The internet is changing the way we see the game in the 21st century
If you glance around the Etihad on any given Saturday during the season, you will likely see fans glued to their smartphones, checking numerous apps for scores, updates and reaction.
This is a far cry from days gone by, when supporters would listen to the radio to stay in touch with what was happening elsewhere or wait for the evening newspaper to reach their local shop.
Besides making everything more instant, in what other ways has the internet changed football?
The Saturday morning stop at the bookies on the way to Maine Road used to be a rite of passage for all City fans, but now bets can be placed from home using one of the multitude of sports betting apps that are now available. Competing bookmakers fall all over themselves to offer the punter the best deal, with the promise of a free casino bonus being one of the latest ways to convince fans to place a bet.
The football phone-in is still an institution for many fans who are on their way home from a game, but social media sites such as Facebook and Twitter have opened up football discussion to the extent that the actual sport is now almost a side show. Fan sites and “below the line” comments on articles now descend into fevered arguments between rival supporters, which means that football has now become more tribal than ever.
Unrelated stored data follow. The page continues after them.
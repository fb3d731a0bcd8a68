-- ===== src/Store/Dispatch/Machine.antt =====
-- The life of one delivery as an abstract machine: what a scheduler, a worker, the clock and an operator
-- may do to it. `limit` is the ceiling on attempts.
use scrum_jail_governance_pl.Base.{
  ℕ, ◌≤◌, ◌<◌, String, Bool, true, false, ◌≡◌, refl, Option, some, arith, is_some, bit,
}
use scrum_jail_governance_pl.Store.Schema.{Delivery, DeliveryState}
use scrum_jail_governance_pl.Store.Lease.{
  is_waiting, is_leased, is_running, is_in_hand, is_budget_held, drop_lease, take_lease,
}
use scrum_jail_governance_pl.Store.Outcome.{Outcome, delivery_target, is_allowed, ended, unheld}

abbrev pub exhausted : Delivery → Delivery
exhausted d = record d {
  state = DeliveryState.dead_letter;
  last_error = some "retry ceiling reached";
}

-- Succeeded, dead or left to a human.
abbrev pub is_final : DeliveryState → Bool
is_final DeliveryState.succeeded = true
is_final DeliveryState.dead_letter = true
is_final DeliveryState.uncertain = true
is_final _ = false

module _ (limit : ℕ) where
  pub data Step (d d' : Delivery) : Type 0 where
    lose :
        is_running d.state ≡ true
        → d' ≡ drop_lease DeliveryState.uncertain (some "running lease expired") d
        → Step d d'
    expire :
        is_leased d.state ≡ true
        → d' ≡ drop_lease DeliveryState.retry_wait (some "lease expired") d
        → Step d d'
    exhaust : is_waiting d.state ≡ true → limit ≤ d.attempt → d' ≡ exhausted d → Step d d'
    take :
        (owner lease_until : String)
        → is_waiting d.state ≡ true
        → d.attempt < limit
        → d' ≡ take_lease owner lease_until d
        → Step d d'
    start : is_leased d.state ≡ true → d' ≡ record d { state = DeliveryState.running } → Step d d'
    end :
        (outcome : Outcome) (error : Option String) (when : String)
        → is_in_hand d.state ≡ true
        → is_allowed d.state outcome ≡ true
        → d' ≡ ended d.state outcome error when d
        → Step d d'
    unhold : (when : String) → is_budget_held d.state ≡ true → d' ≡ unheld when d → Step d d'
    quarantine :
        (error : String)
        → is_in_hand d.state ≡ true
        → d' ≡ drop_lease DeliveryState.uncertain (some error) d
        → Step d d'

  pub data Steps : Delivery → Delivery → Type 0 where
    here : {d : Delivery} → Steps d d
    next : {d e f : Delivery} → Steps d e → Step e f → Steps d f

  pub Steps-trans : {d e f : Delivery} → Steps d e → Steps e f → Steps d f
  Steps-trans p here = p
  Steps-trans p (next q s) = next (Steps-trans p q) s

  -- What the database keeps of every delivery: an owner and a term exactly while it is in hand, at
  -- least one attempt then, and never more attempts than the ceiling.
  pub record IsInOrder (d : Delivery) : Type 0 where
    pub owned : is_some d.lease_owner ≡ is_in_hand d.state
    pub timed : is_some d.lease_until ≡ is_in_hand d.state
    pub tried : bit (is_in_hand d.state) ≤ d.attempt
    pub bounded : d.attempt ≤ limit

  not_in_hand : (outcome : Outcome) → is_in_hand (delivery_target outcome) ≡ false
  not_in_hand Outcome.succeeded = refl
  not_in_hand Outcome.retry = refl
  not_in_hand Outcome.budget_hold = refl
  not_in_hand Outcome.dead_letter = refl
  not_in_hand Outcome.uncertain = refl
  not_in_hand (Outcome.unknown text) = refl

  -- Every step of the machine keeps a delivery in order.
  pub Step-IsInOrder : {d d' : Delivery} → Step d d' → IsInOrder d → IsInOrder d'
  Step-IsInOrder (lose h e) o = ground arith
  Step-IsInOrder (expire h e) o = ground arith
  Step-IsInOrder (exhaust h b e) o = ground arith
  Step-IsInOrder (take owner lease_until h b e) o = ground arith
  Step-IsInOrder (start h e) o = ground arith
  Step-IsInOrder (end outcome error when h b e) o = ground (arith, not_in_hand outcome)
  Step-IsInOrder (unhold when h e) o = ground arith
  Step-IsInOrder (quarantine error h e) o = ground arith

  pub Steps-IsInOrder : {d d' : Delivery} → Steps d d' → IsInOrder d → IsInOrder d'
  Steps-IsInOrder here o = o
  Steps-IsInOrder (next p s) o = Step-IsInOrder s (Steps-IsInOrder p o)

  final_stuck : {d d' : Delivery} → Step d d' → is_final d.state ≡ true → ⊥
  final_stuck (lose h e) f = ground arith
  final_stuck (expire h e) f = ground arith
  final_stuck (exhaust h b e) f = ground arith
  final_stuck (take owner lease_until h b e) f = ground arith
  final_stuck (start h e) f = ground arith
  final_stuck (end outcome error when h b e) f = ground arith
  final_stuck (unhold when h e) f = ground arith
  final_stuck (quarantine error h e) f = ground arith

  -- No step leaves a final delivery.
  pub Steps-final : {d d' : Delivery} → Steps d d' → is_final d.state ≡ true → d' ≡ d
  Steps-final here f = refl
  Steps-final (next {e = e} p s) f =
      let same = Steps-final p f in absurd (final_stuck s (rw same f))
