-- ===== src/Store/Dispatch/Keys.antt =====
-- Deliveries under their key: what the loops of `lease_delivery` do to one of them.
use scrum_jail_governance_pl.Base.{
  ◌≤◌, String, ◌==◌, Bool, true, ◌&&◌, ◌≡◌, refl, Option, some, List, [], ◌∷◌, map, arith, mem,
  eq_iff, eq_sym, eq_comm, ◌∙◌, if◌then◌else◌, ap, inl, inr, Option-cases, Bool-cases,
}
use scrum_jail_governance_pl.Base.Table.{select, update, count, filter, exists}
use scrum_jail_governance_pl.Base.Table.Laws.{
  map_option, changed, select_sound, select-update, select_unique, count-update_eq,
}
use scrum_jail_governance_pl.Store.Schema.{Store, Delivery}
use scrum_jail_governance_pl.Store.Delivery.{by_delivery}
use scrum_jail_governance_pl.Store.Lease.{ids, for_each}

-- The primary key of `delivery`.
abbrev pub IsKeyed : Store → Type 0
IsKeyed s = (id : String) → count (by_delivery id) s.deliveries ≤ 1

abbrev pub look : String → Store → Option Delivery
look id s = select (by_delivery id) s.deliveries

abbrev names_of : (Delivery → Bool) → List Delivery → List String
names_of p xs = map (λ row. row.delivery_id) (filter p xs)

names_complete :
    (p : Delivery → Bool) (id : String) (xs : List Delivery) (d : Delivery)
    → select (by_delivery id) xs ≡ some d
    → p d ≡ true
    → mem id (names_of p xs) ≡ true
unfolding select filter mem
names_complete p id [] d e h = cc
names_complete p id (y ∷ ys) d e h =
    ground (arith, names_complete p id ys d, eq_sym y.delivery_id id)

names_sound :
    (p : Delivery → Bool) (id : String) (xs : List Delivery)
    → mem id (names_of p xs) ≡ true
    → exists (λ x. by_delivery id x && p x) xs ≡ true
unfolding select filter mem
names_sound p id [] h = cc
names_sound p id (y ∷ ys) h = ground (arith, names_sound p id ys, eq_sym id y.delivery_id)

-- Where ids do not repeat, an id is listed exactly if its delivery was asked for.
pub mem-ids :
    (p : Delivery → Bool) (id : String) (s : Store) (d : Delivery)
    → count (by_delivery id) s.deliveries ≤ 1
    → look id s ≡ some d
    → mem id (ids p s) ≡ p d
mem-ids p id s d one e = elim (Bool-cases (mem id (ids p s))) [
  | inl listed ↦ ground (arith, found listed)
  | inr not_listed ↦ ground (arith, names_complete p id s.deliveries d e)
]
  where
    found : mem id (ids p s) ≡ true → (by_delivery id d && p d) ≡ true
    found listed =
        select_unique (by_delivery id) (by_delivery id) (λ x. by_delivery id x && p x) s.deliveries
          d (λ y h. h) (λ y h. ground arith) one e (names_sound p id s.deliveries listed)

module _ (step : String → Store → Store) (f : Delivery → Delivery) where
  -- A step of a loop rewrites the delivery of its id, once and for all.
  pub record IsRewrite : Type 0 where
    pub at_id :
        (k : String) (s : Store) → (step k s).deliveries ≡ update (by_delivery k) f s.deliveries
    pub same_id : (d : Delivery) → (f d).delivery_id ≡ d.delivery_id
    pub once : (d : Delivery) → f (f d) ≡ f d

  look-step :
      (w : IsRewrite) (k id : String) (s : Store)
      → look id (step k s) ≡ (if k == id then map_option f (look id s) else look id s)
  look-step w k id s = elim (Option-cases (look id s)) [
    | inl e ↦ ground (arith, updated)
    | inr (d, e) ↦ ground (
      arith,
      updated,
      ap (λ j. j == k) ((eq_iff d.delivery_id id).0 (select_sound (by_delivery id) s.deliveries e)),
      eq_comm k id,
    )
  ]
    where
      updated : look id (step k s) ≡ map_option (changed (by_delivery k) f) (look id s)
      updated =
          ap (select (by_delivery id)) (w.at_id k s)
          ∙ select-update (by_delivery id) (by_delivery k) f s.deliveries
              (λ x h. ap (λ j. j == id) (w.same_id x))

  -- The loop over some ids rewrites the delivery of each.
  pub look-for_each :
      (w : IsRewrite) (id : String) (ks : List String) (s : Store)
      → look id (for_each step ks s) ≡ (if mem id ks then map_option f (look id s) else look id s)
  unfolding for_each mem
  look-for_each w id [] s = refl
  look-for_each w id (k ∷ ks) s = elim (Option-cases (look id s)) [
    | inl e ↦ ground (arith, look-for_each w id ks (step k s), look-step w k id s, eq_comm k id)
    | inr (d, e) ↦
        ground (arith, look-for_each w id ks (step k s), look-step w k id s, eq_comm k id, w.once d)
  ]

  pub count-for_each :
      (w : IsRewrite) (id : String) (ks : List String) (s : Store)
      → count (by_delivery id) (for_each step ks s).deliveries ≡ count (by_delivery id) s.deliveries
  unfolding for_each
  count-for_each w id [] s = refl
  count-for_each w id (k ∷ ks) s =
      count-for_each w id ks (step k s)
      ∙ ap (count (by_delivery id)) (w.at_id k s)
      ∙ count-update_eq (by_delivery id) (by_delivery k) f s.deliveries
          (λ x h. ap (λ j. j == id) (w.same_id x))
The English Premier League is popular worldwide. In fact, Manchester United's global fan base is thought to number around 600 million, although City are quickly catching up. The internet has been a huge reason for this explosion in popularity, with streaming sites allowing anyone in the world to catch a glimpse of the stars plying their trade. With fans in the United States, China, India and Australia shunning their local leagues in favour of more established European competitions, our league has become more and more valuable on a global basis, as the latest Sky deal exemplifies.
When your dad was growing up, football news would have been confined to the back three or four pages of the newspapers, with the occasional magazine available on a weekly or monthly basis. Now, with content available at the click of a button and easy distribution possible through the various social media platforms, there are countless websites dedicated to football and all of them are trying to lure you in with barely believable rumours and the latest scoops.
There can be no doubt that the proliferation of smartphones over the last decade and the ubiquity of the internet have had an impact on football and the way in which supporters consume the sport. For some, it is now a 24/7 endeavour from which they can never switch off.
From our point of view, however, you still can't beat that Saturday afternoon feeling at the Etihad – even if everyone around you is viewing the action through their phone screen!